What the exercise asks:
A complete answer includes every line below with the word "kept".

Saved data entries:
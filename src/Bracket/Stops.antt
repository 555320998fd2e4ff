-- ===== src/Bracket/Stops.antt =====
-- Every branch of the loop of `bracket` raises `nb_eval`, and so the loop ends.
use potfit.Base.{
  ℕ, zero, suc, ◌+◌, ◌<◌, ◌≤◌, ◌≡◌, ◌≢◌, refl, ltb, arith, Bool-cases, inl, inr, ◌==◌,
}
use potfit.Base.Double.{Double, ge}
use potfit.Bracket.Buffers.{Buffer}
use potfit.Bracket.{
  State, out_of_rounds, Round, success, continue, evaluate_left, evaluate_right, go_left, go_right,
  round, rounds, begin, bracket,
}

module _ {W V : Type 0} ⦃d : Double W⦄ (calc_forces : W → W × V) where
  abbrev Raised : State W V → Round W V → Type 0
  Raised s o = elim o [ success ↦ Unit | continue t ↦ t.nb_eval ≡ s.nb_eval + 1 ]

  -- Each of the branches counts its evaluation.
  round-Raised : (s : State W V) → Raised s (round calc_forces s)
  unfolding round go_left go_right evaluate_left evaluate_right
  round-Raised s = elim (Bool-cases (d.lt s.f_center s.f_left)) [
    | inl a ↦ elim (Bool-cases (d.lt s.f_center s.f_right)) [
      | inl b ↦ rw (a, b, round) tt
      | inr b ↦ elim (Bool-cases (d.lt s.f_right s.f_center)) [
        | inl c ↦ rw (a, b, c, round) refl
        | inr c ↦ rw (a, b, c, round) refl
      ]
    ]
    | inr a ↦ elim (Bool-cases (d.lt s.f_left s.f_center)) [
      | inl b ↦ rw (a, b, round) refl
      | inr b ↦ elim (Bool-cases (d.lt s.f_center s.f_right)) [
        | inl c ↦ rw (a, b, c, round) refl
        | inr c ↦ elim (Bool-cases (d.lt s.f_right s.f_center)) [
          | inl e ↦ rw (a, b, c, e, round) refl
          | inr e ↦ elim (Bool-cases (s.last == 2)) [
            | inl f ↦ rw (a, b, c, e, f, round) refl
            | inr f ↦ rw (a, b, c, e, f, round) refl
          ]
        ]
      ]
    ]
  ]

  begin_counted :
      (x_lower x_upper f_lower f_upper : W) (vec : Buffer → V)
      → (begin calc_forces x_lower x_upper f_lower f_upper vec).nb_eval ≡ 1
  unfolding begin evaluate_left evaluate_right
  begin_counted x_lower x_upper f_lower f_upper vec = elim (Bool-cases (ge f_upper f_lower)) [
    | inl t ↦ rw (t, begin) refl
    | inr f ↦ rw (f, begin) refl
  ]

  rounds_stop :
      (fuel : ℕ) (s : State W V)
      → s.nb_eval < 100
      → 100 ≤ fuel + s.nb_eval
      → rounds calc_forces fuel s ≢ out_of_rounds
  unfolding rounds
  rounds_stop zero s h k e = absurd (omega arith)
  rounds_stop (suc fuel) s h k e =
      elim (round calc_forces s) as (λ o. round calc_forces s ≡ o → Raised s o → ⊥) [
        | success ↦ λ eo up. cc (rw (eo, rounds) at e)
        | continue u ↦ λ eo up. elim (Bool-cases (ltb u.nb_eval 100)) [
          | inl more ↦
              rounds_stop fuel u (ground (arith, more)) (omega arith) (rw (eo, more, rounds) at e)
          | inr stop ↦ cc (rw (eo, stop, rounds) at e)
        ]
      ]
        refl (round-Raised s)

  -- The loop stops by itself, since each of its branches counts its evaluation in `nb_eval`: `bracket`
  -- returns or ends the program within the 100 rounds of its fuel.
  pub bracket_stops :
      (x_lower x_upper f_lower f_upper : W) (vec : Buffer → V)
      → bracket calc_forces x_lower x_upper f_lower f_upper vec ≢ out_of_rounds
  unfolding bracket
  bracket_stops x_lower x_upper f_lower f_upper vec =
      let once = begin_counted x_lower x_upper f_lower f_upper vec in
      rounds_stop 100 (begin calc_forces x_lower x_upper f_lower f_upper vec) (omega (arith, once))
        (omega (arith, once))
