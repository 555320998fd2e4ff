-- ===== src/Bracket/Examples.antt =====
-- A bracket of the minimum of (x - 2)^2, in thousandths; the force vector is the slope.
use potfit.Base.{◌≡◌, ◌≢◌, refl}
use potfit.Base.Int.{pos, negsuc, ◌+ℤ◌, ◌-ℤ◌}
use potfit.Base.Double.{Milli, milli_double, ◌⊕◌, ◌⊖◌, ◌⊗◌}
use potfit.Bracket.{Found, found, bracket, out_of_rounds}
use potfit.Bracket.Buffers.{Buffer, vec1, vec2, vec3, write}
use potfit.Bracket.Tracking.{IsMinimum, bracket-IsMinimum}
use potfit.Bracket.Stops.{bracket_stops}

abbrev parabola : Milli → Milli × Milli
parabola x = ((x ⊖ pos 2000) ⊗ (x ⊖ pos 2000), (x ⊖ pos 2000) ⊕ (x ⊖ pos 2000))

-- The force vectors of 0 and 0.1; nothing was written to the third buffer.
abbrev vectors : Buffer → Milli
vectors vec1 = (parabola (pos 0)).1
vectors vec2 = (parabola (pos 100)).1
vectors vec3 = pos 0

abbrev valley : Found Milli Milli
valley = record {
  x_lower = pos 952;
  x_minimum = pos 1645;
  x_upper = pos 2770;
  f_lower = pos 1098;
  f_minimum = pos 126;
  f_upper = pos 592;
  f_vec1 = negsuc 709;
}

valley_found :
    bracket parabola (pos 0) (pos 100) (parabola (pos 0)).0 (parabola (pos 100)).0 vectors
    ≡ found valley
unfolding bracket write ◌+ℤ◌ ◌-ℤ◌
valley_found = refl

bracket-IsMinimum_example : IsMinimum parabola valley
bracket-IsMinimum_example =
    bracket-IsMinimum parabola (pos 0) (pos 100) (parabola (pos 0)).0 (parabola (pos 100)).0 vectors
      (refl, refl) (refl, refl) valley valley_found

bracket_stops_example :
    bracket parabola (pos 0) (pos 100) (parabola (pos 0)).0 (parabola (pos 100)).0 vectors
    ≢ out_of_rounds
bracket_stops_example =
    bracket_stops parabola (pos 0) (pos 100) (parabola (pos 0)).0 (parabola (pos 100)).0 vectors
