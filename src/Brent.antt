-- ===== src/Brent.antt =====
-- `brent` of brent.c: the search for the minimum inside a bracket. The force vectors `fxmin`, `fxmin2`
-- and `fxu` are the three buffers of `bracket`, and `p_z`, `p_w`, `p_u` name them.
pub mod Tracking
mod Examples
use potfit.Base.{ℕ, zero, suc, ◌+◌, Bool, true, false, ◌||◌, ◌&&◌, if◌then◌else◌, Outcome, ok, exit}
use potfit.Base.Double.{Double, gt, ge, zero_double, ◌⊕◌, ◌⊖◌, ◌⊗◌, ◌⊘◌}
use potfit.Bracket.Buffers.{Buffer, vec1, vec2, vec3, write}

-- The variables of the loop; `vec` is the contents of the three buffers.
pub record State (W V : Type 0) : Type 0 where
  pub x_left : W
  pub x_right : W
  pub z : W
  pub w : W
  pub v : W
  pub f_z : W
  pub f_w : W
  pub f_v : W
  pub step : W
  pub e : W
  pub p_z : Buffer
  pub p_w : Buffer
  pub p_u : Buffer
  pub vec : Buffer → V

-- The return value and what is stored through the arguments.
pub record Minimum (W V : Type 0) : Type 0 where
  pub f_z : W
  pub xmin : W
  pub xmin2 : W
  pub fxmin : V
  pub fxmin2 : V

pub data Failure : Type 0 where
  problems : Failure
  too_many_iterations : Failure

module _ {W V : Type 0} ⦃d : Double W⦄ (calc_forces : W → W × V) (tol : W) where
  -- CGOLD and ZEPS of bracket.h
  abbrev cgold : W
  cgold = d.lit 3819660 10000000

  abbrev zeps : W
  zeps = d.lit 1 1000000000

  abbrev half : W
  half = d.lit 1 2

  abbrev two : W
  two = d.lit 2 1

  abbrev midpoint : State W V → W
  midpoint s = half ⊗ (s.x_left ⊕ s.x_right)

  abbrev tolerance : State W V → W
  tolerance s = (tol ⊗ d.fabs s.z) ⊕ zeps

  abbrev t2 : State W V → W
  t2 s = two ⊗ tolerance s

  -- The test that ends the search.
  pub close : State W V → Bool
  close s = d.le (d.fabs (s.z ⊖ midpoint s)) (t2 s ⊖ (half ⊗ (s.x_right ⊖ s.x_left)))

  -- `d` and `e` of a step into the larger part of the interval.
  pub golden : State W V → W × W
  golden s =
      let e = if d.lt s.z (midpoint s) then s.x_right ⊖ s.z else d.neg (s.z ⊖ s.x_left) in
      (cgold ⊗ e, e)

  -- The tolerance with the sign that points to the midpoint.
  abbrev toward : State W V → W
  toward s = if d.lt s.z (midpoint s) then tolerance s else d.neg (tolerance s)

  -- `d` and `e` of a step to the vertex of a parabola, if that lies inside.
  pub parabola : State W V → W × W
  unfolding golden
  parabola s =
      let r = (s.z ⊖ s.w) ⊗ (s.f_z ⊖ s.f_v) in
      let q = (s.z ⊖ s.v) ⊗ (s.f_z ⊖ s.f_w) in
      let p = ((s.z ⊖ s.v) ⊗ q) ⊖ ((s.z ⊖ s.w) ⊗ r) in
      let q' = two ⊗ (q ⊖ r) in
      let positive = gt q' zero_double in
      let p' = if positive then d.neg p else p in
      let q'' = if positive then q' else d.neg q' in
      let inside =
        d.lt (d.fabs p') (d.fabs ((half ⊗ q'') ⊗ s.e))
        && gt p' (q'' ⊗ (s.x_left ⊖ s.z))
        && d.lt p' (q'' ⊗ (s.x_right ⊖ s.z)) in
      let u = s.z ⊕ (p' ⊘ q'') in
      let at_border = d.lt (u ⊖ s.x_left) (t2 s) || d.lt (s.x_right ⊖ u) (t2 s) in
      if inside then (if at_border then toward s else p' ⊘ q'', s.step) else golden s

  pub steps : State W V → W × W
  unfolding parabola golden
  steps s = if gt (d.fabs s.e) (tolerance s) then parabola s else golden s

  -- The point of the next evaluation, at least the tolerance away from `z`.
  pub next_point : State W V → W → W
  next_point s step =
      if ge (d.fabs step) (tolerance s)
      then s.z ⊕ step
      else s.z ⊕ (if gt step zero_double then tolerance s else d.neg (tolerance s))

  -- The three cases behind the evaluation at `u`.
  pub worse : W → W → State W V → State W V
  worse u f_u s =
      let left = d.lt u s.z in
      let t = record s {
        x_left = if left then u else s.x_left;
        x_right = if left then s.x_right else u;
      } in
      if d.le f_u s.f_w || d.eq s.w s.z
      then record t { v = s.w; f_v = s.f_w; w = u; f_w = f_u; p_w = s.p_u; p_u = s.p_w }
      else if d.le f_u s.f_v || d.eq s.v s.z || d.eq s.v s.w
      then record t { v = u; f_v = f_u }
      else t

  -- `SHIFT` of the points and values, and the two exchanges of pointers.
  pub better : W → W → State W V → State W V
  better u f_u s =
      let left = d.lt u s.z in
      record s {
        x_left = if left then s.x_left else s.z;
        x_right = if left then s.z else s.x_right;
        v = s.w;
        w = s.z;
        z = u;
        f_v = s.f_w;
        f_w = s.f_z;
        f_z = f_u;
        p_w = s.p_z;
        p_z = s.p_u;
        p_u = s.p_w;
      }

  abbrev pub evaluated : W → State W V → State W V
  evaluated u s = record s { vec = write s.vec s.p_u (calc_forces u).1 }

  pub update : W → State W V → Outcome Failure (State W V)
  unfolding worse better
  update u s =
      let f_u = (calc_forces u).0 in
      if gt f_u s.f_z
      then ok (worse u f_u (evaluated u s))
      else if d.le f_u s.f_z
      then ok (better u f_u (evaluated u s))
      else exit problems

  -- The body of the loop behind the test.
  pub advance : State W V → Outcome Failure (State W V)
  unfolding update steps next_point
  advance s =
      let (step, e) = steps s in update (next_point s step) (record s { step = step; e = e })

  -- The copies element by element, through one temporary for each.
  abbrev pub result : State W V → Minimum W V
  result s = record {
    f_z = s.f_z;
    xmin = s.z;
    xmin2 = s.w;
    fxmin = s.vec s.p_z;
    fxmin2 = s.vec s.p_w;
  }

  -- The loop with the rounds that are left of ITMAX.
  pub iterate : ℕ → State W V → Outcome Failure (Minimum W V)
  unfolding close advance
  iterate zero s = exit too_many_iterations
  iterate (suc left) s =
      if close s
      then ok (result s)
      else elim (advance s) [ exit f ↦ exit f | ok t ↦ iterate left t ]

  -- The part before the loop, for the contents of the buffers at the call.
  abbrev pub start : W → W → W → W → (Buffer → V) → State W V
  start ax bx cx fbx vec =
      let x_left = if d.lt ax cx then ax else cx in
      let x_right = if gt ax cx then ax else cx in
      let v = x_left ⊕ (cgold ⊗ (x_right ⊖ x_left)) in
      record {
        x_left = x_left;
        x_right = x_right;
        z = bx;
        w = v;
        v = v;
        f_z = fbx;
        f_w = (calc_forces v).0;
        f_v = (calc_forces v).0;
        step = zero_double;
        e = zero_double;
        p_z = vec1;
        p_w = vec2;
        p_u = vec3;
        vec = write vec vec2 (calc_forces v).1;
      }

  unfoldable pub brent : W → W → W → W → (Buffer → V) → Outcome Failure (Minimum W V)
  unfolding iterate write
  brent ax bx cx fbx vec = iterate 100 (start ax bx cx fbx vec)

--

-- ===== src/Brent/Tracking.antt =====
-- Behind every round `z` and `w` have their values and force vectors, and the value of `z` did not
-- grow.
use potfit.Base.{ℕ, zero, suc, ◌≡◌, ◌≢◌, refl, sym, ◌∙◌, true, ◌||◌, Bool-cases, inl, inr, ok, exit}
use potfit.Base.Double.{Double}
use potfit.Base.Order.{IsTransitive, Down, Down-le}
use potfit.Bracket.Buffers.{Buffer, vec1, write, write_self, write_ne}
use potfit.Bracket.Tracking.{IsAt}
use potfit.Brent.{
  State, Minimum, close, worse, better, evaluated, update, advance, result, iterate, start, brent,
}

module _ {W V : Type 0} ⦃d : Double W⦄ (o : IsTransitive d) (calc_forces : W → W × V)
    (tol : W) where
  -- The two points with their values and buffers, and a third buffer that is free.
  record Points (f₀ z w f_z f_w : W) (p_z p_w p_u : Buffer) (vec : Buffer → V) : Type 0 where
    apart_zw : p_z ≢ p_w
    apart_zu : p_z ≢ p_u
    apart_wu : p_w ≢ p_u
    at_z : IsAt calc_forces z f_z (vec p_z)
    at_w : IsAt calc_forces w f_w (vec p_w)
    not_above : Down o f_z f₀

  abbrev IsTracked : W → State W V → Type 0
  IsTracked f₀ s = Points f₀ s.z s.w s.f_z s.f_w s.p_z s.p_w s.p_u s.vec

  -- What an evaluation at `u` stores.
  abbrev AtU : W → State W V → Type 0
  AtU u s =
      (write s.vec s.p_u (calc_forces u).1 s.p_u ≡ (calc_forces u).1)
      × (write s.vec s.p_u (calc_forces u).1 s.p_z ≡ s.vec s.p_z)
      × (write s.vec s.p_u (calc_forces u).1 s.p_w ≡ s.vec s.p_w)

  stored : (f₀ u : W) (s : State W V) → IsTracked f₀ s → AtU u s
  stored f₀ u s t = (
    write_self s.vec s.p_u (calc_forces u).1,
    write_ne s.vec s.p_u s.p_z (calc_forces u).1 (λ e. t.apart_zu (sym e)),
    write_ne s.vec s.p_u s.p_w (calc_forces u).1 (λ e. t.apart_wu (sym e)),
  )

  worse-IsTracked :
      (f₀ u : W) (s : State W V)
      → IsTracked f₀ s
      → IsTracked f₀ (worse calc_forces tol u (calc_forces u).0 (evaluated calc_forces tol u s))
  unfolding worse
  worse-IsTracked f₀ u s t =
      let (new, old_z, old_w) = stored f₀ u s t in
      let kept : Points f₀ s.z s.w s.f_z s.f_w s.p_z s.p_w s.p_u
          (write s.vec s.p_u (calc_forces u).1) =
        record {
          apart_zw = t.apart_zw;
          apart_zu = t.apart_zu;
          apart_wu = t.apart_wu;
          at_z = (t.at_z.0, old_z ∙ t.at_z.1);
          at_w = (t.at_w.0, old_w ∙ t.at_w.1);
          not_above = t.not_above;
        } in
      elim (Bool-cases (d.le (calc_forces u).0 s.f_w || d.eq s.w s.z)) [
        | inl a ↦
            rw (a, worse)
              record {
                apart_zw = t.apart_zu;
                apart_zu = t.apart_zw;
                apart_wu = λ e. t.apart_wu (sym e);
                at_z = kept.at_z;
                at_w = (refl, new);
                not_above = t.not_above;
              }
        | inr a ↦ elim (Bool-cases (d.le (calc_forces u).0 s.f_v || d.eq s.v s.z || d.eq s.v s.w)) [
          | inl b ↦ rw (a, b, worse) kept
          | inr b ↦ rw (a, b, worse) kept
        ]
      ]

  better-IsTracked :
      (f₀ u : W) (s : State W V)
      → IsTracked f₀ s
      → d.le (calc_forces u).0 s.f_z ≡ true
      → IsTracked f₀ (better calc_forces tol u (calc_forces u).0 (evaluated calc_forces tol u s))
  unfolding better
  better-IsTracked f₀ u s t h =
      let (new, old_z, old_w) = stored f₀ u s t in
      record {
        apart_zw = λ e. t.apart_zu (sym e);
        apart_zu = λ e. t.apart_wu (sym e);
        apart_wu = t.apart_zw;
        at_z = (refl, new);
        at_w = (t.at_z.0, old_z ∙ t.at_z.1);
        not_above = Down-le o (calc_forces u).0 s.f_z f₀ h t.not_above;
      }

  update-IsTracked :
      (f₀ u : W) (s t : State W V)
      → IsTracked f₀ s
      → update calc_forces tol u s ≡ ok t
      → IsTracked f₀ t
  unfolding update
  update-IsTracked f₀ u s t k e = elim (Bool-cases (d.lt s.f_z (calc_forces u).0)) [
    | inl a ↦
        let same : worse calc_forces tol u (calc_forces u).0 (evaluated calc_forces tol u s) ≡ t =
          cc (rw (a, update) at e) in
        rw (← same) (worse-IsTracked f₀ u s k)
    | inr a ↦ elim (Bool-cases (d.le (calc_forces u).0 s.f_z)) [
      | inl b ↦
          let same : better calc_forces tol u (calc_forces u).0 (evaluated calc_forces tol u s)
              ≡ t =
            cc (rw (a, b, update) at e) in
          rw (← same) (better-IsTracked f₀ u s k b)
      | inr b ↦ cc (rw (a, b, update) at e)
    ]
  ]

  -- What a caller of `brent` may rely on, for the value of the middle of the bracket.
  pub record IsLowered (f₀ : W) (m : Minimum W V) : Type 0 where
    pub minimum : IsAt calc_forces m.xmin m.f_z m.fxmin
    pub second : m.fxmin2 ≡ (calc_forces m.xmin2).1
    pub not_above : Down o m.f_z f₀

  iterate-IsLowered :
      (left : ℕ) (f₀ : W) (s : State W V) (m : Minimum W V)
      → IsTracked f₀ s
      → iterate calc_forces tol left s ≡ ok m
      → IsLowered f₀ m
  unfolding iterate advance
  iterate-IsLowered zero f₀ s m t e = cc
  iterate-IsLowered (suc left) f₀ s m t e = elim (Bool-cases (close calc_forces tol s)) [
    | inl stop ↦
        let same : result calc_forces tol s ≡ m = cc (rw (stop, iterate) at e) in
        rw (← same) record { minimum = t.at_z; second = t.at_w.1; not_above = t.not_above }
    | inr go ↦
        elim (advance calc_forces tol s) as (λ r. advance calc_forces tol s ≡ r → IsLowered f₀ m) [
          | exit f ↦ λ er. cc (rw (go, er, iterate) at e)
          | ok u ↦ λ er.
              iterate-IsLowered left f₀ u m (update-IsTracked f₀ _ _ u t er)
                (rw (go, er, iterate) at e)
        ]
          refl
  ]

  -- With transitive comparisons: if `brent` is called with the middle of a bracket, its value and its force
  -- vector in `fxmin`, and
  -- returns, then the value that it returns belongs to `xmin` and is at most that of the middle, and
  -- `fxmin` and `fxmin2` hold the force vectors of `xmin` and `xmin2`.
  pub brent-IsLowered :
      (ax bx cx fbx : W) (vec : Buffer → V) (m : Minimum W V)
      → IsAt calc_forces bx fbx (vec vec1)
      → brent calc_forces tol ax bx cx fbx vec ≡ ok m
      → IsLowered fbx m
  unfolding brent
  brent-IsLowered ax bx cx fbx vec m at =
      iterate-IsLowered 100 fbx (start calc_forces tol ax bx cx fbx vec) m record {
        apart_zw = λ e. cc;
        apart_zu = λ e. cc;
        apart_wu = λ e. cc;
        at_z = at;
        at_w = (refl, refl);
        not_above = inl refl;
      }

Response area:
      let kept : Points f₀ s.z s.w s.f_z s.f_w s.p_z s.p_w s.p_u
                at_z = kept.at_z;
          | inl b ↦ rw (a, b, worse) kept
          | inr b ↦ rw (a, b, worse) kept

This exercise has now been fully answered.